- _Work item_:
Wherever "their" appears in a line of the listing, report that line.

- _Source information_:
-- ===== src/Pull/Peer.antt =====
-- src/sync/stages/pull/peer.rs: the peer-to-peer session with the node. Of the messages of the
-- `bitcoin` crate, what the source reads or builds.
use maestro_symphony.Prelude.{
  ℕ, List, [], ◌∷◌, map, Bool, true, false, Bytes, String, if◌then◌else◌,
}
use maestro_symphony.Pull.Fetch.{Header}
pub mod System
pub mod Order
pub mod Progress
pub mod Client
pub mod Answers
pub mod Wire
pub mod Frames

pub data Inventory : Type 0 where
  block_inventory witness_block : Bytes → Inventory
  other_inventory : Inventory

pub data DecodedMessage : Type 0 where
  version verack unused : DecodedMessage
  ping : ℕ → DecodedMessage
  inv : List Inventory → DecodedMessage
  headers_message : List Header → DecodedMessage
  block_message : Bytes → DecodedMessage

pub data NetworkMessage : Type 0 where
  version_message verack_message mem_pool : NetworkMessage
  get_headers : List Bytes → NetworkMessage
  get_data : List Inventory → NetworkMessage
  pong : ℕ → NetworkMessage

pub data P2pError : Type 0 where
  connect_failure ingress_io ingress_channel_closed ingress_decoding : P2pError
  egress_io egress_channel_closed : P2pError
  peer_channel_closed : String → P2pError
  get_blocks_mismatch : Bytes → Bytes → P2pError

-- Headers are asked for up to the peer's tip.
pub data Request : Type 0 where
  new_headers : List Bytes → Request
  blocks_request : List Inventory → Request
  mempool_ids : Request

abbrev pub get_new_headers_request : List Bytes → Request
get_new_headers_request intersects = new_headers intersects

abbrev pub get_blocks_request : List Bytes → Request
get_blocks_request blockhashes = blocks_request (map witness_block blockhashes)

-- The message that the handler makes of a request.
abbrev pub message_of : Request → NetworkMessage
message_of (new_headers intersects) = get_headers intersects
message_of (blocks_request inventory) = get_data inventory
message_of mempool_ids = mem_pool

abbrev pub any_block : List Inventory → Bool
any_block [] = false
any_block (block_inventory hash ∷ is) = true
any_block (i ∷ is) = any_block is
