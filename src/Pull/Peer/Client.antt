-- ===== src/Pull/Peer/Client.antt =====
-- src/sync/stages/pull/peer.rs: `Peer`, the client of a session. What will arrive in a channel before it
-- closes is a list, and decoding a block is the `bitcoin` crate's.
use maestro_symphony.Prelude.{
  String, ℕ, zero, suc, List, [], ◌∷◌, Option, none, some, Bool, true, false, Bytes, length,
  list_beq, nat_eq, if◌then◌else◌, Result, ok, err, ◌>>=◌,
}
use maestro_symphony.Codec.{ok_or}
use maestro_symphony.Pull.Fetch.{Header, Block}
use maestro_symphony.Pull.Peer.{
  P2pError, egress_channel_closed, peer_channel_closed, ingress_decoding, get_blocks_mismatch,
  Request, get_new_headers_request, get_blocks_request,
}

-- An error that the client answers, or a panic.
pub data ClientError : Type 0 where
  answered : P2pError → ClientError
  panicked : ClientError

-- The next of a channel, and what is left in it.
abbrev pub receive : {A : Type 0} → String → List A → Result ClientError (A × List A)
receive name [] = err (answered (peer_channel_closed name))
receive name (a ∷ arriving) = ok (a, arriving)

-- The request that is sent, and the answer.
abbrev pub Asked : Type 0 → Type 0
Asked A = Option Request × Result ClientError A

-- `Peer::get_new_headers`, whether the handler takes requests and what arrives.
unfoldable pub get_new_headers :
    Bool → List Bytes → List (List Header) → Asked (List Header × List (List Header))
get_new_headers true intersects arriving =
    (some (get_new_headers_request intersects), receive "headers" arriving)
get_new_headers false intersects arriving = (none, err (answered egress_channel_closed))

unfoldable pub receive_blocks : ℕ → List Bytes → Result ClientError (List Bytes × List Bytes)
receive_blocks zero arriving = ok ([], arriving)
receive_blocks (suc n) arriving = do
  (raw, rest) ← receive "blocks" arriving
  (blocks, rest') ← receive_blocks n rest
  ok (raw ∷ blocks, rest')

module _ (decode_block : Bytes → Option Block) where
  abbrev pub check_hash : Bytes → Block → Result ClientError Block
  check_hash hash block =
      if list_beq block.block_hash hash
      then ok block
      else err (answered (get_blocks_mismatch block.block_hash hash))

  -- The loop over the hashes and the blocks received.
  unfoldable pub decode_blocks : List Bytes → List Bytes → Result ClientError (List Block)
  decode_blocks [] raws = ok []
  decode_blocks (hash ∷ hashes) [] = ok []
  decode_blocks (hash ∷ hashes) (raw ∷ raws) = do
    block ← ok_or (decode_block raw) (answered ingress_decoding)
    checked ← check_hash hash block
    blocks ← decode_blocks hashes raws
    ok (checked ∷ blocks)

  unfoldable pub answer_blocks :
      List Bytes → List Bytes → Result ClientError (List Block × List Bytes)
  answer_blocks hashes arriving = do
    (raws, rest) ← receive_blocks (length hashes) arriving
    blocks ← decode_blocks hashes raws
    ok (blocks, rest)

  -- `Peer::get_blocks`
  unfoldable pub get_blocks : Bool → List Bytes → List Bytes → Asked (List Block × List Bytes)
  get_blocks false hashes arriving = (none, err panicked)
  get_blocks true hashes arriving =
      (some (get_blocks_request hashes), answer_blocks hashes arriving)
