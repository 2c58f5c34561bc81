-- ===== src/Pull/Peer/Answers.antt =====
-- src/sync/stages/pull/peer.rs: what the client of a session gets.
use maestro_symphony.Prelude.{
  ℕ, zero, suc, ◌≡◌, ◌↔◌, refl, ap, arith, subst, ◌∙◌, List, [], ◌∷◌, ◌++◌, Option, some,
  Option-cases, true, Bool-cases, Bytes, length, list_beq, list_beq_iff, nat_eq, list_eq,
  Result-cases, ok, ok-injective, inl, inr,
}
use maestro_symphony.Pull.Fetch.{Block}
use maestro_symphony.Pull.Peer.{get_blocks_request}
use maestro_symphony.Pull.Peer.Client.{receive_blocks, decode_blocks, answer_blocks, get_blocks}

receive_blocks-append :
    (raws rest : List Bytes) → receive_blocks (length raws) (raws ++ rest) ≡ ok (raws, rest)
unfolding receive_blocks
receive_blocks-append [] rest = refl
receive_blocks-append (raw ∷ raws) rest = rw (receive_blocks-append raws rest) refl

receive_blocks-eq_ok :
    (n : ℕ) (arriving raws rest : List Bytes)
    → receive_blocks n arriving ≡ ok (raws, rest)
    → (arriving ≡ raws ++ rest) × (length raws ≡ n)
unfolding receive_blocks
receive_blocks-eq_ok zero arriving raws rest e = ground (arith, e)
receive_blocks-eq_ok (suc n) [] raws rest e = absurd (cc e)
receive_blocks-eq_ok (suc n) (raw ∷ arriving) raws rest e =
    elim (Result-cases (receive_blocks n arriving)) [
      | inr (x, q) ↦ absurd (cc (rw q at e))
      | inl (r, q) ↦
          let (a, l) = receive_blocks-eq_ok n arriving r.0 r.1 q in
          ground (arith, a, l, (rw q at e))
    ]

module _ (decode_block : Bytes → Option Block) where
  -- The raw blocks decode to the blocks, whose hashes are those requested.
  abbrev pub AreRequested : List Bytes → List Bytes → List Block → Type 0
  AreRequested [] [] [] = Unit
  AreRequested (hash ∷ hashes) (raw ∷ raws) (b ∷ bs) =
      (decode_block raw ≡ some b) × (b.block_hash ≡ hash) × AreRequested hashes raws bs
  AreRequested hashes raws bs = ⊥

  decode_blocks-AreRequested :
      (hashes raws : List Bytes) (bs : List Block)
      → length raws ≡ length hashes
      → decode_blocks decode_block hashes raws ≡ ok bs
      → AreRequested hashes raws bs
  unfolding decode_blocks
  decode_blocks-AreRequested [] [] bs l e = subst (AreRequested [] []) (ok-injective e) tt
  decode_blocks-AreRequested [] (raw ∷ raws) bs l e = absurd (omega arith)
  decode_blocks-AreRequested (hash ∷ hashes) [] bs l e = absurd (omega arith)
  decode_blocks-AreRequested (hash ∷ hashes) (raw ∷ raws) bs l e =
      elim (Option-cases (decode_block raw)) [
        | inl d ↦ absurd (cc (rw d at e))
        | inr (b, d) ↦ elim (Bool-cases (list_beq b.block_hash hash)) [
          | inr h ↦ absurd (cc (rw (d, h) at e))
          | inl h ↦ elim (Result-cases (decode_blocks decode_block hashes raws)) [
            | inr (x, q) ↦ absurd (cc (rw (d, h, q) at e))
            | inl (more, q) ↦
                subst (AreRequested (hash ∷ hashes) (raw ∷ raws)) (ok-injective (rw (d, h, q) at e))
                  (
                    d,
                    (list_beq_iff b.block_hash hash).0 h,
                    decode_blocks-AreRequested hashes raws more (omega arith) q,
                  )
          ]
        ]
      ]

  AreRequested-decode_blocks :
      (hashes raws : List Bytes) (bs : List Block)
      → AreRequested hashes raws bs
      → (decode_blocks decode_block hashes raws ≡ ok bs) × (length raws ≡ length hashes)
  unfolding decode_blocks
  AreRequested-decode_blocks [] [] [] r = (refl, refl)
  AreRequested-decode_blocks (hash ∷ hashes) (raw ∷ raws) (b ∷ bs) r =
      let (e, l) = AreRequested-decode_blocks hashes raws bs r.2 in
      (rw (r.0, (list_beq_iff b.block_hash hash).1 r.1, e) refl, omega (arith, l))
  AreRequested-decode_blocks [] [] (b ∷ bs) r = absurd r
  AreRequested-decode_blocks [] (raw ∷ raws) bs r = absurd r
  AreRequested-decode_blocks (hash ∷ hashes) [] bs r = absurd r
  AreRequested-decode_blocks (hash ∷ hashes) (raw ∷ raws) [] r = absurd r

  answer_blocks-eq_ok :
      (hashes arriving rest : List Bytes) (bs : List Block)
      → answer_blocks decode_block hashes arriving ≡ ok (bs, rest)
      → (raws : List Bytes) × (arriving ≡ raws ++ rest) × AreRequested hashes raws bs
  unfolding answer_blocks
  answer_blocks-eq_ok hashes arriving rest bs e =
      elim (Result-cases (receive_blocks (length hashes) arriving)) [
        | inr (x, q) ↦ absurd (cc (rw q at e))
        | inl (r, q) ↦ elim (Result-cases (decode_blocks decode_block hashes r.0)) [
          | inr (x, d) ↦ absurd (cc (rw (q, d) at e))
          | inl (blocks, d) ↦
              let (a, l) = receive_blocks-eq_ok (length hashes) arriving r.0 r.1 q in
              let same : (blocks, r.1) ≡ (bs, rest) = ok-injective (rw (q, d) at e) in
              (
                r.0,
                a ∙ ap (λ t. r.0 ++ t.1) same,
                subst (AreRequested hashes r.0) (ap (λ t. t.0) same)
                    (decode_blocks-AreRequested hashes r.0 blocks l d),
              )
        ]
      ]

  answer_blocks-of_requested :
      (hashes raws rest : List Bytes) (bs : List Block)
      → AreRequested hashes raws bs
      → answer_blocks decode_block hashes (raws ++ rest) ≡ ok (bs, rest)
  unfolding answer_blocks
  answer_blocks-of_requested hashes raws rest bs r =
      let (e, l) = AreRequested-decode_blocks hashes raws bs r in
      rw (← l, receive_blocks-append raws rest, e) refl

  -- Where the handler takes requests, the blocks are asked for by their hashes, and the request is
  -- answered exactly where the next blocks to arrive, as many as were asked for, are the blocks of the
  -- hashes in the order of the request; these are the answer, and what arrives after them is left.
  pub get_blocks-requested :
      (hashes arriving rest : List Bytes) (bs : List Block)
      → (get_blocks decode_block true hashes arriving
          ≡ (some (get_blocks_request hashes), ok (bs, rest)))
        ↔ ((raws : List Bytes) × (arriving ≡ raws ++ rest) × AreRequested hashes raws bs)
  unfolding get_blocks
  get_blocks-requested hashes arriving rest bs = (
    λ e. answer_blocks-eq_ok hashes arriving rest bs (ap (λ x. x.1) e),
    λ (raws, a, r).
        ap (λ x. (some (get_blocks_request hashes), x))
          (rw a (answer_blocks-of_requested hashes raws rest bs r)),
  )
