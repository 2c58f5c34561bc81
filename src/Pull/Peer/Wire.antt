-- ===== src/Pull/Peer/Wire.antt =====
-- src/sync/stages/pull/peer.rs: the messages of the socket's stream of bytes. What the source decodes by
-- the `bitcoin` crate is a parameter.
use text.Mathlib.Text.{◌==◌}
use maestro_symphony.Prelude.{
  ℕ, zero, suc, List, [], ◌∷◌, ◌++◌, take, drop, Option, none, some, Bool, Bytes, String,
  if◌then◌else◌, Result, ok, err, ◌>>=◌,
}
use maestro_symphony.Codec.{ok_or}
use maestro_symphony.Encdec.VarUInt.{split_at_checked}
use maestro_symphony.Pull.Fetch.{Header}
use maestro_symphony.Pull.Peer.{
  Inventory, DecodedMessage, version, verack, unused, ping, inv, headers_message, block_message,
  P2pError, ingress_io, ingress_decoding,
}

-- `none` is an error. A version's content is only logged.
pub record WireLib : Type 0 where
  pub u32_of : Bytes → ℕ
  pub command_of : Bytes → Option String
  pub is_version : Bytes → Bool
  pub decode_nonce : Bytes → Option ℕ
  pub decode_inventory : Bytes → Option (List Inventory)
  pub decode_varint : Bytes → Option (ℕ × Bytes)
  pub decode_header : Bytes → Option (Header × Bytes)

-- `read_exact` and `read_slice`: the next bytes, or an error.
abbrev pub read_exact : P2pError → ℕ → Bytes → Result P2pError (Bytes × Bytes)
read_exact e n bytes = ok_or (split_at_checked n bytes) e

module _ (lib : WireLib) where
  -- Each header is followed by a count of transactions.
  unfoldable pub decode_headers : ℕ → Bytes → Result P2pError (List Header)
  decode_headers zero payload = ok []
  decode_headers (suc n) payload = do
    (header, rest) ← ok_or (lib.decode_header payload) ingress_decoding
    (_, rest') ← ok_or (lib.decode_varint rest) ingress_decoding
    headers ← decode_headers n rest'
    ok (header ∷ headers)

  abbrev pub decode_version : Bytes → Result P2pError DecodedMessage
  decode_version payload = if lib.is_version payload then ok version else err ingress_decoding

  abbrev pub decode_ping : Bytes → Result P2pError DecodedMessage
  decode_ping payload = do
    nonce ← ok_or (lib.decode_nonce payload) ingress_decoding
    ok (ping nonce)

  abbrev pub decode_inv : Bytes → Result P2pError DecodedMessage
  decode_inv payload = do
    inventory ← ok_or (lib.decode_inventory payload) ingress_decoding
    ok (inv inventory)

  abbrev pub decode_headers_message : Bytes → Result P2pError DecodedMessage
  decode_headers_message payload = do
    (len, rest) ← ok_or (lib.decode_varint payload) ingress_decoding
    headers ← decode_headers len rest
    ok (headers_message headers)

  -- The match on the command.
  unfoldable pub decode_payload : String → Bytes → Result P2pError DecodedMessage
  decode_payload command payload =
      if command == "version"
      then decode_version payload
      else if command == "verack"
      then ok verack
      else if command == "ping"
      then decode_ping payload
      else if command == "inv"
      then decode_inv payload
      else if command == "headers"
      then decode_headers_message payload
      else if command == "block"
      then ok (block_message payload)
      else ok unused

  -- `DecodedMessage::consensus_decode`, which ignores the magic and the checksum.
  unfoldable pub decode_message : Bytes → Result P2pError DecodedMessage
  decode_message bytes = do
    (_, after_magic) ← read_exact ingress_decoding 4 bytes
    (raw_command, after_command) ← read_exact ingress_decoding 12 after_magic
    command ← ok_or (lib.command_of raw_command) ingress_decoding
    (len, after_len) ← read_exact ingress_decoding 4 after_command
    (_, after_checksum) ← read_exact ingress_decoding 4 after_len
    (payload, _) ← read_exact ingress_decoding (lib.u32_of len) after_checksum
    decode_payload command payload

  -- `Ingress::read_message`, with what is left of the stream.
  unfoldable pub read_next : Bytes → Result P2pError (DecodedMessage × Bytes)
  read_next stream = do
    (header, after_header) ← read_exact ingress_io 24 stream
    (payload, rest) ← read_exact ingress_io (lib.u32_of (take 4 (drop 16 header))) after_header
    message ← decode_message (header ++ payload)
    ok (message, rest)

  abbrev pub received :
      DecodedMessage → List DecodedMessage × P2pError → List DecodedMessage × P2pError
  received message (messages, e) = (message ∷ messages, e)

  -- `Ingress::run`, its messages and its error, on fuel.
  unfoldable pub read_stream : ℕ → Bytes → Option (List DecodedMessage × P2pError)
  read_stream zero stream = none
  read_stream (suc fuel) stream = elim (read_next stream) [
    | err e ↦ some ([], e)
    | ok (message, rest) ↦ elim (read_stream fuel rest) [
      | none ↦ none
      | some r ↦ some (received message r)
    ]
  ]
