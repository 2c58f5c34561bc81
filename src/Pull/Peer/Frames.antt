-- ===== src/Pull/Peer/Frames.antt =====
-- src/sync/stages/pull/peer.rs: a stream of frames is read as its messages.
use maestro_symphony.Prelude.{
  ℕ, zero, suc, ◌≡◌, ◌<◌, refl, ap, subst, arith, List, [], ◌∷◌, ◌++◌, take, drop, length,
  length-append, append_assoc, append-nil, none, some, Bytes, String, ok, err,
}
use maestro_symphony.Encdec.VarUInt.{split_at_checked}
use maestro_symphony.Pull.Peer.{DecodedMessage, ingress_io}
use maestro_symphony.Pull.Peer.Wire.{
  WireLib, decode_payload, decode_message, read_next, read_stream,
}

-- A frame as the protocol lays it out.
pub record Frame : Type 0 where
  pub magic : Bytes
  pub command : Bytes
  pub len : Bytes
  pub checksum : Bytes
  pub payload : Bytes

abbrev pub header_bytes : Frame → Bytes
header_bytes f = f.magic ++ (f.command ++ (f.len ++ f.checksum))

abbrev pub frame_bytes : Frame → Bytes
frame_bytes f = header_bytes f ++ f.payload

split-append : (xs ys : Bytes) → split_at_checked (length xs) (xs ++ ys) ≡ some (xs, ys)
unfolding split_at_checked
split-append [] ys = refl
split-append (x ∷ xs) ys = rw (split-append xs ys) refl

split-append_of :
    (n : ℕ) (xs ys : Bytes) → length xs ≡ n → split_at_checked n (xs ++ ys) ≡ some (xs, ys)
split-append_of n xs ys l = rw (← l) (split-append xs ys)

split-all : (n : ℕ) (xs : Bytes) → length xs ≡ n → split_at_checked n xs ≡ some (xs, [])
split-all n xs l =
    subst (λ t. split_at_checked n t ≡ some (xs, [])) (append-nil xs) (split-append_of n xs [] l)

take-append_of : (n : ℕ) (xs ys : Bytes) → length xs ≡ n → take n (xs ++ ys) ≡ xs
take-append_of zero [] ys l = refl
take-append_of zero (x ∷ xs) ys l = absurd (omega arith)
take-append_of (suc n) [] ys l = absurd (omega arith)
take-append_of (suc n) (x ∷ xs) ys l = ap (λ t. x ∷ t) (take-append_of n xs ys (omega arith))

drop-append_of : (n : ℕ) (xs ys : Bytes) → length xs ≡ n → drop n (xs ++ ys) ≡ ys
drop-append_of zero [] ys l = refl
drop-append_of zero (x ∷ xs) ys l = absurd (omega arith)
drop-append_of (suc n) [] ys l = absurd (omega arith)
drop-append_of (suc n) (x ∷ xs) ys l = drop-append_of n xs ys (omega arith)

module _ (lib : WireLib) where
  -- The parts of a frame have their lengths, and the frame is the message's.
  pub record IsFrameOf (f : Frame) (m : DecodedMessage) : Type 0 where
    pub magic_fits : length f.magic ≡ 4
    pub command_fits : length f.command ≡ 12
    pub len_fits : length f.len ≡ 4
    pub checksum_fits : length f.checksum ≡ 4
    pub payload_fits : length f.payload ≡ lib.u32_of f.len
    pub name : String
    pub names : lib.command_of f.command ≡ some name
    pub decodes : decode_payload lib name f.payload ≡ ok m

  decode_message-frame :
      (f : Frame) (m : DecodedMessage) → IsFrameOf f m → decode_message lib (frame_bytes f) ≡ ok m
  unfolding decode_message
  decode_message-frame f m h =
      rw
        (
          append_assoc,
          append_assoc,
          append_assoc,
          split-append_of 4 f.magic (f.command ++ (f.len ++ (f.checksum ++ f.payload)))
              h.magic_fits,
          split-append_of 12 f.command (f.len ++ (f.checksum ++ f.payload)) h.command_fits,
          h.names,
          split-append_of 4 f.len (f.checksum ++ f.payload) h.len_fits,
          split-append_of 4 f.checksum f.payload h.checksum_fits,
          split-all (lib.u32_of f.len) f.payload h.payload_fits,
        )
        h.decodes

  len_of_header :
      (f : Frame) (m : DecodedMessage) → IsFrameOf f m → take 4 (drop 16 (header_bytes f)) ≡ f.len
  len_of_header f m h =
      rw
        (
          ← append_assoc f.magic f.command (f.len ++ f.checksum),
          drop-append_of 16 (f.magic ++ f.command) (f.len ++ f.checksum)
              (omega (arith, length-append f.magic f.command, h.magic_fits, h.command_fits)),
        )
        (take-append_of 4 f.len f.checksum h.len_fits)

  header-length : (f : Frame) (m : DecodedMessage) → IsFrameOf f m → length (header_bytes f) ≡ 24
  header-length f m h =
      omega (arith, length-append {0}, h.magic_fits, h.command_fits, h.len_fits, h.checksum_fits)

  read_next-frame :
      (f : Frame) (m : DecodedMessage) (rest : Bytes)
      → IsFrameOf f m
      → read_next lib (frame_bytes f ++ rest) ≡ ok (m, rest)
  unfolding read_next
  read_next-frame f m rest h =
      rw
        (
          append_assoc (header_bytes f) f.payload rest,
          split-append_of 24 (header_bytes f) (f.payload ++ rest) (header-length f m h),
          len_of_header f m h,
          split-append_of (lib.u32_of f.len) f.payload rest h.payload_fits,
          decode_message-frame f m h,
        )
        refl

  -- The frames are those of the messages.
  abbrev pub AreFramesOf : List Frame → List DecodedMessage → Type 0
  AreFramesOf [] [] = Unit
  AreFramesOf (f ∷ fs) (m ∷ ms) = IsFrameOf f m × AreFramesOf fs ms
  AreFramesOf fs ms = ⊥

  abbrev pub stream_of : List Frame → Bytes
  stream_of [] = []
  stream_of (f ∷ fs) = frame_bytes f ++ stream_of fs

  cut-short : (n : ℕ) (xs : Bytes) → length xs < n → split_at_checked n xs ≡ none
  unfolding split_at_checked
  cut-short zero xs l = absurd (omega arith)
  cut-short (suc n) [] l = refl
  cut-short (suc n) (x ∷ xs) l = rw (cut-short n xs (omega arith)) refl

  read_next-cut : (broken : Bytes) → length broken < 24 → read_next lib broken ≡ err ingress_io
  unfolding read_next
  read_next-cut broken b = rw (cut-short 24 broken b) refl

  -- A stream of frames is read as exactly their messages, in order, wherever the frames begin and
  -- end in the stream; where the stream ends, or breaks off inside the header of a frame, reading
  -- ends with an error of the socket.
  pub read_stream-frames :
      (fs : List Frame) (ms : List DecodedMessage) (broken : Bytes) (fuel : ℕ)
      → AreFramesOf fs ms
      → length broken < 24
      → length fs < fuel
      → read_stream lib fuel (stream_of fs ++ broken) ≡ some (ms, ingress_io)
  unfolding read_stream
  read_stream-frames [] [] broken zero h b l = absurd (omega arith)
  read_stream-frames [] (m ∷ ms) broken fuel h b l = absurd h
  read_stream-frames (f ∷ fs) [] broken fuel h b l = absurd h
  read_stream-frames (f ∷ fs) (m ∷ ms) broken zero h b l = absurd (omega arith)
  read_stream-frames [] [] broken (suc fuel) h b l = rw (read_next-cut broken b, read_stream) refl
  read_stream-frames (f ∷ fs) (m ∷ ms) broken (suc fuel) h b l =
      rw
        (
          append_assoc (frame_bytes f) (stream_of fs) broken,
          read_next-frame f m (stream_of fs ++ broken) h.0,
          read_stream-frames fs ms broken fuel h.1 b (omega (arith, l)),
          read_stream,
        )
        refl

- _Expected answer_:
  -- Where the handler takes requests, the blocks are asked for by their hashes, and the request is
  -- The parts of a frame have their lengths, and the frame is the message's.
  -- A stream of frames is read as exactly their messages, in order, wherever the frames begin and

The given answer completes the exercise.